# Headliner insulation and package trays



## xconcepts (Jan 4, 2009)

Ok, so just pulled my headliner off couple weekends ago and was planning on putting the sound deadner that I used on the floor and what I used in my other car for my stereo setup. Its an adheasive similar to dynamat, but better. SO my question is do I need to find some jute or buy the fiber material through AMES or someone or would I be good with just the adheasive deadner?

Also, my headliner is white and the package tray I bought I got in saddle. It won't match once I put in the new headliner and they don't sell a white color, does anyone know what color I should go with?

Chad


----------



## geeteeohguy (Feb 2, 2008)

If your insulation is the Frost King or Dynamat type that is foil and foam with adhesive on the foam side, that's all you need. Much better than the old jute, which falls down and makes a mess. No need for both. If your seats are parchment, your package tray should be black or parchment. You can dye it with interior dye. I like the look of a black package tray with a parchment interior: matches the carpet and dash, and sort of ties it all together.


----------



## xconcepts (Jan 4, 2009)

It is not the one with foam, just the peel and seal.


----------



## geeteeohguy (Feb 2, 2008)

I'm not familiar with it. I'd be more comfortable installing the foam backed product. The dense foam acts as a heat insulator and a noise insulator. Exactly what you want under a sun-beaten roof.


----------



## ALKYGTO (Mar 29, 2010)

geeteeohguy said:


> If your insulation is the Frost King or Dynamat type that is foil and foam with adhesive on the foam side, that's all you need. Much better than the old jute, which falls down and makes a mess. No need for both. If your seats are parchment, your package tray should be black or parchment. You can dye it with interior dye. I like the look of a black package tray with a parchment interior: matches the carpet and dash, and sort of ties it all together.

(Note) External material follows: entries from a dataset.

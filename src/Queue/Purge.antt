-- ===== src/Queue/Purge.antt =====
-- internal/queue/store.go: PurgeOwner, the tombstones, and PruneExpired.
use dee_relay.Base.{
  ℕ, ◌+◌, ◌&&◌, List, [], ◌∷◌, String, string_key, leb, if◌then◌else◌, not, trim_space, length, map,
}
use dee_relay.Map.{Map, has, get_or, insert, remove}
use dee_relay.Model.{Time, after, MessageEnvelope, AckRecord, PurgeRecord}
use dee_relay.Queue.Types.{Stats}
use dee_relay.Queue.Store.{Store, delete_message_locked, delete_ack_locked}
use dee_relay.Queue.Fetch.{stats_locked}

unfoldable pub store_purge_locked : Store → PurgeRecord → Store
store_purge_locked s purge =
    if not (has purge.purge_hash s.purges) && leb s.max_purges (length s.purges)
    then s
    else record s { purges = insert purge.purge_hash purge s.purges }

-- The keys of a set, copied out.
unfoldable pub members : Map String (Unit {0}) → List String
members = map (λ e. e.0)

unfoldable pub ack_ids_for_message_locked : Store → String → List String
unfolding members
ack_ids_for_message_locked s message_id = members (get_or [] message_id s.acks_by_message)

unfoldable pub delete_acks : List String → Store → Store
delete_acks [] s = s
delete_acks (id ∷ ids) s = delete_acks ids (delete_ack_locked s id)

unfoldable pub delete_owned : List String → Store × ℕ × ℕ → Store × ℕ × ℕ
unfolding delete_acks
delete_owned [] r = r
delete_owned (id ∷ ids) (s, messages, acks) =
    let s' = delete_message_locked s id in
    let naming = ack_ids_for_message_locked s' id in
    delete_owned ids (delete_acks naming s', messages + 1, acks + length naming)

unfoldable pub purge_owner_locked : Store → String → Store × ℕ × ℕ
unfolding delete_owned members
purge_owner_locked s hash = delete_owned (members (get_or [] hash s.messages_by_purge)) (s, 0, 0)

unfoldable pub purge_owner : Store → Time → String → Store × ℕ × ℕ
unfolding store_purge_locked purge_owner_locked
purge_owner s now hash =
    let trimmed = trim_space hash in
    let tombstone : PurgeRecord = record {
      purge_hash = trimmed;
      expires_at = now + s.default_ttl;
    } in
    purge_owner_locked (store_purge_locked s tombstone) trimmed

-- The three loops that drop what has expired.
unfoldable pub sweep_messages : Time → Map String MessageEnvelope → Store → Store
sweep_messages now [] s = s
sweep_messages now ((id, e) ∷ m) s =
    sweep_messages now m (if after e.expires_at now then s else delete_message_locked s id)

unfoldable pub sweep_acks : Time → Map String AckRecord → Store → Store
sweep_acks now [] s = s
sweep_acks now ((id, a) ∷ m) s =
    sweep_acks now m (if after a.expires_at now then s else delete_ack_locked s id)

unfoldable pub sweep_purges : Time → Map String PurgeRecord → Store → Store
sweep_purges now [] s = s
sweep_purges now ((hash, p) ∷ m) s =
    sweep_purges now m
      (if after p.expires_at now then s else record s { purges = remove hash s.purges })

unfoldable pub sweep : Time → Store → Store
unfolding sweep_messages sweep_acks sweep_purges
sweep now s =
    let s₁ = sweep_messages now s.messages s in
    let s₂ = sweep_acks now s₁.acks s₁ in sweep_purges now s₂.purges s₂

unfoldable pub prune_expired : Store → Time → Store × Stats
unfolding sweep stats_locked
prune_expired s now = let s' = sweep now s in (s', stats_locked s')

+1 :agree. Also with the statement that you can dye to match or contrast if you don't like the color.


----------



## xconcepts (Jan 4, 2009)

geeteeohguy said:


> I'm not familiar with it. I'd be more comfortable installing the foam backed product. The dense foam acts as a heat insulator and a noise insulator. Exactly what you want under a sun-beaten roof.

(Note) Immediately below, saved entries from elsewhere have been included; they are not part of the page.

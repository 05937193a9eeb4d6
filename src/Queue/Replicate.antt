-- ===== src/Queue/Replicate.antt =====
-- internal/queue/store.go: SnapshotSince, the page that a peer pulls, and ImportSnapshot, which
-- takes a peer's page in.
use dee_relay.Base.{
  ℕ, ◌+◌, Bool, true, false, ◌||◌, Option, none, some, List, [], ◌∷◌, ◌++◌, String, string_key, ltb,
  leb, if◌then◌else◌, is_empty, trim_space, not, length, take, map, ℤ, or_default,
}
use Prim.Native.String.{len}
use dee_relay.Map.{Map, has, get_or}
use dee_relay.Model.{
  Time, after, zero_time, MessageEnvelope, AckRecord, PurgeRecord, SyncPayload, purge_hash,
}
use dee_relay.Queue.Types.{
  Error, duplicate, expired, queue_full, payload_too_large, invalid, ImportResult,
}
use dee_relay.Queue.Store.{Store, add_message_locked}
use dee_relay.Queue.Post.{no_ack, stamp_envelope, lacks_route, is_purged}
use dee_relay.Queue.Acks.{
  bounded_ack_reason, deletes_queued_message, is_malformed_ack, record_ack, stamp_ack,
}
use dee_relay.Queue.Fetch.{sort_by}
use dee_relay.Queue.Purge.{store_purge_locked, purge_owner_locked, sweep}

pub record Ref : Type 0 where
  pub seq : ℕ
  pub id : String
  pub is_ack : Bool

-- The records of one kind that arrived after the cursor.
unfoldable pub pending_refs : Bool → ℕ → Map String ℕ → List Ref
pending_refs is_ack since [] = []
pending_refs is_ack since ((id, seq) ∷ m) =
    let rest = pending_refs is_ack since m in
    if ltb since seq then record { seq = seq; id = id; is_ack = is_ack } ∷ rest else rest

unfoldable pub pending_since : Store → ℕ → List Ref
unfolding pending_refs sort_by
pending_since s since =
    sort_by (λ r. r.seq)
      (pending_refs false since s.message_seq ++ pending_refs true since s.ack_seq)

-- `model.MessageEnvelope{}`
unfoldable pub no_message : MessageEnvelope
no_message = record {
  id = "";
  sender = "";
  recipient = "";
  created_at = zero_time;
  expires_at = zero_time;
  encrypted_payload = "";
  content_type = "";
  key_id = "";
  signature = "";
  metadata = [];
  recipient_tag = "";
  sender_tag = "";
}

unfoldable pub fill_page : Store → List Ref → SyncPayload → SyncPayload
fill_page s [] p = p
fill_page s (r ∷ rs) p = fill_page s rs (
    if r.is_ack
    then record p { acks = p.acks ++ (get_or no_ack r.id s.acks ∷ []); next_seq = r.seq }
    else record p {
      messages = p.messages ++ (get_or no_message r.id s.messages ∷ []);
      next_seq = r.seq;
    })

unfoldable pub page_of : Store → ℕ → ℕ → SyncPayload
unfolding fill_page pending_since
page_of s since limit =
    let pending = pending_since s since in
    let start : SyncPayload = record {
      epoch = s.epoch;
      next_seq = since;
      more = ltb limit (length pending);
      messages = [];
      acks = [];
      purges = map (λ e. e.1) s.purges;
    } in
    fill_page s (take limit pending) start

unfoldable pub snapshot_since : Store → Time → ℕ → ℤ → Store × SyncPayload
unfolding sweep page_of or_default
snapshot_since s now since limit =
    let s' = sweep now s in (s', page_of s' since (or_default 500 limit))

unfoldable pub snapshot : Store → Time → ℤ → Store × SyncPayload
unfolding snapshot_since
snapshot s now limit = snapshot_since s now 0 limit

unfoldable pub has_terminal : List String → Store → Bool
unfolding deletes_queued_message
has_terminal [] s = false
has_terminal (id ∷ ids) s =
    deletes_queued_message (get_or no_ack id s.acks).type || has_terminal ids s

unfoldable pub has_terminal_ack_locked : Store → String → Bool
unfolding has_terminal
has_terminal_ack_locked s message_id =
    has_terminal (map (λ e. e.0) (get_or [] message_id s.acks_by_message)) s

unfoldable pub trim_imported_envelope : MessageEnvelope → MessageEnvelope
trim_imported_envelope e = record e {
  id = trim_space e.id;
  sender = trim_space e.sender;
  recipient = trim_space e.recipient;
  encrypted_payload = trim_space e.encrypted_payload;
}

unfoldable pub refuse_imported : Store → Time → MessageEnvelope → Option Error
unfolding lacks_route is_purged has_terminal_ack_locked
refuse_imported s now e =
    if lacks_route e
    then some invalid
    else if ltb s.max_payload_bytes (len e.encrypted_payload)
    then some payload_too_large
    else if not (after e.expires_at now)
    then some expired
    else if has e.id s.messages
    then some duplicate
    else if is_purged s now (purge_hash e)
    then some duplicate
    else if has_terminal_ack_locked s e.id
    then some duplicate
    else if leb s.max_messages (length s.messages)
    then some queue_full
    else none

unfoldable pub import_message_locked : Store → Time → MessageEnvelope → Store × Option Error
unfolding trim_imported_envelope stamp_envelope refuse_imported
import_message_locked s now envelope =
    let e = stamp_envelope s now s.max_ttl (trim_imported_envelope envelope) in
    elim (refuse_imported s now e) [
      | some error ↦ (s, some error)
      | none ↦ (add_message_locked s e 0, none)
    ]

unfoldable pub trim_imported_ack : AckRecord → AckRecord
unfolding bounded_ack_reason
trim_imported_ack a = record a {
  id = trim_space a.id;
  message_id = trim_space a.message_id;
  sender = trim_space a.sender;
  recipient = trim_space a.recipient;
  reason = bounded_ack_reason a.reason;
}

unfoldable pub import_ack_locked : Store → Time → AckRecord → Store × Option Error
unfolding trim_imported_ack stamp_ack is_malformed_ack record_ack
import_ack_locked s now ack =
    let a = stamp_ack s now s.max_ttl (trim_imported_ack ack) in
    if is_malformed_ack a
    then (s, some invalid)
    else if not (after a.expires_at now)
    then (s, some expired)
    else record_ack s now a

abbrev no_result : ImportResult
no_result = record {
  accepted_messages = 0;
  duplicate_messages = 0;
  accepted_acks = 0;
  duplicate_acks = 0;
  rejected = 0;
}

unfoldable pub tally_message : Option Error → ImportResult → ImportResult
tally_message none r = record r { accepted_messages = r.accepted_messages + 1 }
tally_message (some duplicate) r = record r { duplicate_messages = r.duplicate_messages + 1 }
tally_message (some _) r = record r { rejected = r.rejected + 1 }

unfoldable pub tally_ack : Option Error → ImportResult → ImportResult
tally_ack none r = record r { accepted_acks = r.accepted_acks + 1 }
tally_ack (some duplicate) r = record r { duplicate_acks = r.duplicate_acks + 1 }
tally_ack (some _) r = record r { rejected = r.rejected + 1 }

unfoldable pub import_purge : Time → PurgeRecord → Store × ImportResult → Store × ImportResult
import_purge now purge (s, r) =
    if is_empty purge.purge_hash || not (after purge.expires_at now)
    then (s, record r { rejected = r.rejected + 1 })
    else ((purge_owner_locked (store_purge_locked s purge) purge.purge_hash).0, r)

unfoldable pub import_purges : Time → List PurgeRecord → Store × ImportResult → Store × ImportResult
unfolding import_purge
import_purges now [] sr = sr
import_purges now (p ∷ ps) sr = import_purges now ps (import_purge now p sr)

unfoldable pub import_messages :
    Time → List MessageEnvelope → Store × ImportResult → Store × ImportResult
unfolding import_message_locked tally_message
import_messages now [] sr = sr
import_messages now (e ∷ es) (s, r) =
    let (s', error) = import_message_locked s now e in
    import_messages now es (s', tally_message error r)

unfoldable pub import_acks : Time → List AckRecord → Store × ImportResult → Store × ImportResult
unfolding import_ack_locked tally_ack
import_acks now [] sr = sr
import_acks now (a ∷ rest) (s, r) =
    let (s', error) = import_ack_locked s now a in import_acks now rest (s', tally_ack error r)

unfoldable pub import_snapshot : Store → Time → SyncPayload → Store × ImportResult
unfolding import_purges import_messages import_acks
import_snapshot s now payload =
    let purged = import_purges now payload.purges (s, no_result) in
    let mailed = import_messages now payload.messages purged in import_acks now payload.acks mailed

Its deffinitly a heat insulator. I have it on the floor under the carpet and it helps a lot in the heat. I used this product but the older version without the name on the deadener. 

60 Mil Sound Deadener (Better Than Dynamat) | Sound Deadening & Car Audio Wiring by Audio Technix


----------



## bondobill (Oct 24, 2011)

We looked at doing the roof on Brents 68 with the same stuff we used on the floor which is Rattle trap, I believe it was 80 mil.
Brent did some research on these type on insulations and the adhesive used in them.
Under higher heat, which will happen on the roof panel especially on a dark color car, the adhesives fails and the sheets being on the roof will fall off.


Bill


----------



## xconcepts (Jan 4, 2009)

These have been tested to 300+ degrees in an oven for 4 hrs and there is no signs of failure. I don't think it will get over that even here in AZ


----------